OCR and Grey Box

toddc · January 2, 2020, 5:39pm

I have PDF Architect + OCR. When I open an existing PDF (image based), I click on the OCR tab and attempt to OCR the document with the image in the foreground and OCR text in the background. After the process runs, there are dark grey boxes around the text it has identified. It also removes some characters (assuming it did not identify them appropriately) and changes those areas to white spaces.

An example document I'm attempting to OCR is a Invoice/Packing Slip. It was scanned and emailed from a Xerox multi-function machine. I usually save them out of my email, OCR the text while preserving the original look. That way, searching through a folder(s) of documents (content search) is easier.

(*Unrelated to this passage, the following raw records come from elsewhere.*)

-- ===== src/Fuzzy/Best.antt =====
-- cmd/seekfs/fuzzy.go: `fuzzyNameDistance` finds the least distance of a window.
use seekfs.Common.{
  ℕ, zero, suc, ◌+◌, ◌-◌, ◌≤◌, ◌<◌, ◌≡◌, ◌⊎◌, refl, ap, subst, ◌∙◌, Bool-cases, true, false, inl,
  inr, List, ◌++◌, length, length-append, ltb, leb, ◌==◌, ==_iff, Infix, arith,
}
use seekfs.Fuzzy.Distance.{damerau_levenshtein_bounded}
use seekfs.Fuzzy.Alignment.{osa_bounds, osa_distance}
use seekfs.Fuzzy.Rows.{capped}
use seekfs.Fuzzy.Window.{
  Best, window, consider, width_loop, min_width, max_width, start_loop, starts, fuzzy_name_distance,
}
use seekfs.Fuzzy.Better.{
  window_of, Attained, Better, price, consider-Better, Better-refl, Better-trans,
}

module _ (name term : List ℕ) (tau : ℕ) where
  width_loop-Better :
      (rounds start width : ℕ) (best : Best)
      → Better name term tau best (width_loop name term tau rounds start width best)
        × ((k : ℕ)
            → width ≤ k
            → k < width + rounds
            → (width_loop name term tau rounds start width best).distance
              ≤ price name term tau start k)
  unfolding width_loop
  width_loop-Better zero start width best =
      (Better-refl name term tau best, λ k h l. absurd (omega (arith, h, l)))
  width_loop-Better (suc rounds) start width best =
      let d = damerau_levenshtein_bounded (window name start width) term tau in
      let next = consider best start d in
      let (step, here) = consider-Better name term tau best start width in
      elim (Bool-cases (next.distance == 0)) [
        | inl y ↦
            let none_less : next.distance ≡ 0 = (==_iff next.distance 0).0 y in
            rw (width_loop, y) (step, λ k h l. omega (arith, none_less))
        | inr n ↦
            let (later, there) = width_loop-Better rounds start (suc width) next in
            let after = width_loop name term tau rounds start (suc width) next in
            rw (width_loop, n)
              (
                Better-trans name term tau best next after step later,
                λ k h l. elim (Bool-cases (k == width)) [
                  | inl y ↦
                      let at : price name term tau start k ≡ price name term tau start width =
                        ap (price name term tau start) ((==_iff k width).0 y) in
                      omega (arith, at, here, later.least)
                  | inr o ↦ there k (ground (arith, h, o)) (omega (arith, l))
                ],
              )
      ]

  start_loop-Better :
      (rounds start : ℕ) (best : Best)
      → Better name term tau best (start_loop name term tau rounds start best)
        × ((s k : ℕ)
            → start ≤ s
            → s < start + rounds
            → min_width name term tau ≤ k
            → k ≤ max_width name term tau s
            → (start_loop name term tau rounds start best).distance ≤ price name term tau s k)
  unfolding start_loop
  start_loop-Better zero start best =
      (Better-refl name term tau best, λ s k h l. absurd (omega (arith, h, l)))
  start_loop-Better (suc rounds) start best =
      let low = min_width name term tau in
      let widths = suc (max_width name term tau start) - low in
      let next = width_loop name term tau widths start low best in
      let (step, here) = width_loop-Better widths start low best in
      elim (Bool-cases (next.distance == 0)) [
        | inl y ↦
            let none_less : next.distance ≡ 0 = (==_iff next.distance 0).0 y in
            rw (start_loop, y) (step, λ s k h l u v. omega (arith, none_less))
        | inr n ↦
            let (later, there) = start_loop-Better rounds (suc start) next in
            let after = start_loop name term tau rounds (suc start) next in
            rw (start_loop, n)
              (
                Better-trans name term tau best next after step later,
                λ s k h l u v. elim (Bool-cases (s == start)) [
                  | inl y ↦
                      let same = (==_iff s start).0 y in
                      let at : price name term tau s k ≡ price name term tau start k =
                        ap (λ z. price name term tau z k) same in
                      let top : k ≤ max_width name term tau start =
                        subst (λ z. k ≤ max_width name term tau z) same v in
                      let found = here k u (omega (arith, u, top)) in
                      omega (arith, at, found, later.least)
                  | inr o ↦ there s k (ground (arith, h, o)) (omega (arith, l)) u v
                ],
              )
      ]

  -- The best window of all.
  best_window : Best
  best_window =
      start_loop name term tau (starts name term tau) 0
        (record { distance = suc tau; prefix = false; start = length name })

  best-Attained : Attained name term tau best_window.distance
  unfolding best_window Attained
  best-Attained =
      (start_loop-Better (starts name term tau) 0
          (record { distance = suc tau; prefix = false; start = length name })).0.attained
        (inl refl)

  -- A window within the threshold is among those that are looked at.
  within :
      (w : List ℕ)
      → Infix w name
      → 0 < length w
      → osa_distance w term ≤ tau
      → best_window.distance ≤ osa_distance w term
  unfolding best_window
  within w i some_item close =
      let s = length i.0 in
      let k = length w in
      let lt = length term in
      let ln = length name in
      let apart = osa_bounds w term k lt in
      let size : ln ≡ s + (k + length i.1) =
        ap length i.2 ∙ length-append i.0 (w ++ i.1) ∙ ap (λ z. s + z) (length-append w i.1) in
      let started : s < starts name term tau = ground (arith, apart, size, close) in
      let wide : min_width name term tau ≤ k = ground (arith, apart, close, some_item) in
      let narrow : k ≤ max_width name term tau s = ground (arith, apart, close, size) in
      let found =
        (start_loop-Better (starts name term tau) 0
            (record { distance = suc tau; prefix = false; start = length name })).1
          s k (omega arith) (omega (arith, started)) wide narrow in
      let value : price name term tau s k ≡ capped tau (osa_distance w term) =
        ap (λ z. capped tau (osa_distance z term)) (window_of name w i) in
      ground (arith, found, value, close)

far_of : (d e tau : ℕ) → ltb tau d ≡ true → (e ≤ tau → d ≤ e) → tau < e
far_of d e tau y near = elim (Bool-cases (leb e tau)) [
  | inl c ↦ let h = near (ground (arith, c)) in ground (arith, h, y, c)
  | inr f ↦ ground (arith, f)
]

least_of : (d e tau : ℕ) → d ≤ tau → (e ≤ tau → d ≤ e) → d ≤ e
least_of d e tau close near = elim (Bool-cases (leb e tau)) [
  | inl c ↦ near (ground (arith, c))
  | inr f ↦ ground (arith, f, close)
]

-- A window of a name is a non-empty part of it. Either the search finds a distance that is not over the
-- threshold, is that of a window, and is not over that of the given one; or it finds none, and the given
-- window is over the threshold.
pub fuzzy_name_distance_lem :
    (name term : List ℕ) (tau : ℕ) (w : List ℕ)
    → Infix w name
    → 0 < length w
    → ((fuzzy_name_distance name term tau).3 ≡ true
        × ((fuzzy_name_distance name term tau).0 ≤ osa_distance w term)
        × ((fuzzy_name_distance name term tau).0 ≤ tau)
        × ((best : List ℕ) × Infix best name
            × (osa_distance best term ≡ (fuzzy_name_distance name term tau).0)))
      ⊎ ((fuzzy_name_distance name term tau).3 ≡ false × (tau < osa_distance w term))
unfolding fuzzy_name_distance best_window Attained
fuzzy_name_distance_lem name term tau w i some_item =
    let d = (best_window name term tau).distance in
    let near = within name term tau w i some_item in
    let size : length name ≡ length i.0 + (length w + length i.1) =
      ap length i.2
      ∙ length-append i.0 (w ++ i.1)
      ∙ ap (λ z. length i.0 + z) (length-append w i.1) in
    let some_name : (length name == 0) ≡ false = ground (arith, size, some_item) in
    elim (Bool-cases (ltb tau d)) [
      | inl y ↦ rw (some_name, y) (inr (refl, far_of d (osa_distance w term) tau y near))
      | inr n ↦ elim (best-Attained name term tau) [
        | inl none_found ↦ absurd (ground (arith, none_found, n))
        | inr (best, at, same, close) ↦
            rw (some_name, n)
              (inl (refl, least_of d (osa_distance w term) tau close near, close, (best, at, same)))
      ]
    ]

With Adobe Acrobat (an old version), I was able to OCR and it did not change the original look. Since then, I'm switched to PDF Architect, but cannot figure the configuration out.

My Settings are:
-->Options
---->OCR
------>Language: English
------>Recognition Quality: High
------>Output Quality: Max
------>Orientation and Script Detection: Enabled
------>Selected: Deskew, Rotate Page, Detect Text Orientation and
------>PDF Type: Image-Text

Any guidance?

Robin.W · January 3, 2020, 9:37am

Hi,

does it get better, if you switch it to "text only" PDF Type?
This might lead to producing only text output from the OCR, avoiding the addidtional boxes around the text.
If this doesn't help. please contact the PDF Architect support, as this Forum is exclusively managed by the PDFCreator Support Team.

Best regards

Robin

toddc · January 4, 2020, 7:04pm

Thanks for the suggestion. The text only did not help any. It only removed the images and recognized what text it could. It did not place the gray boxes, but it removed the images. I'll reach out to support.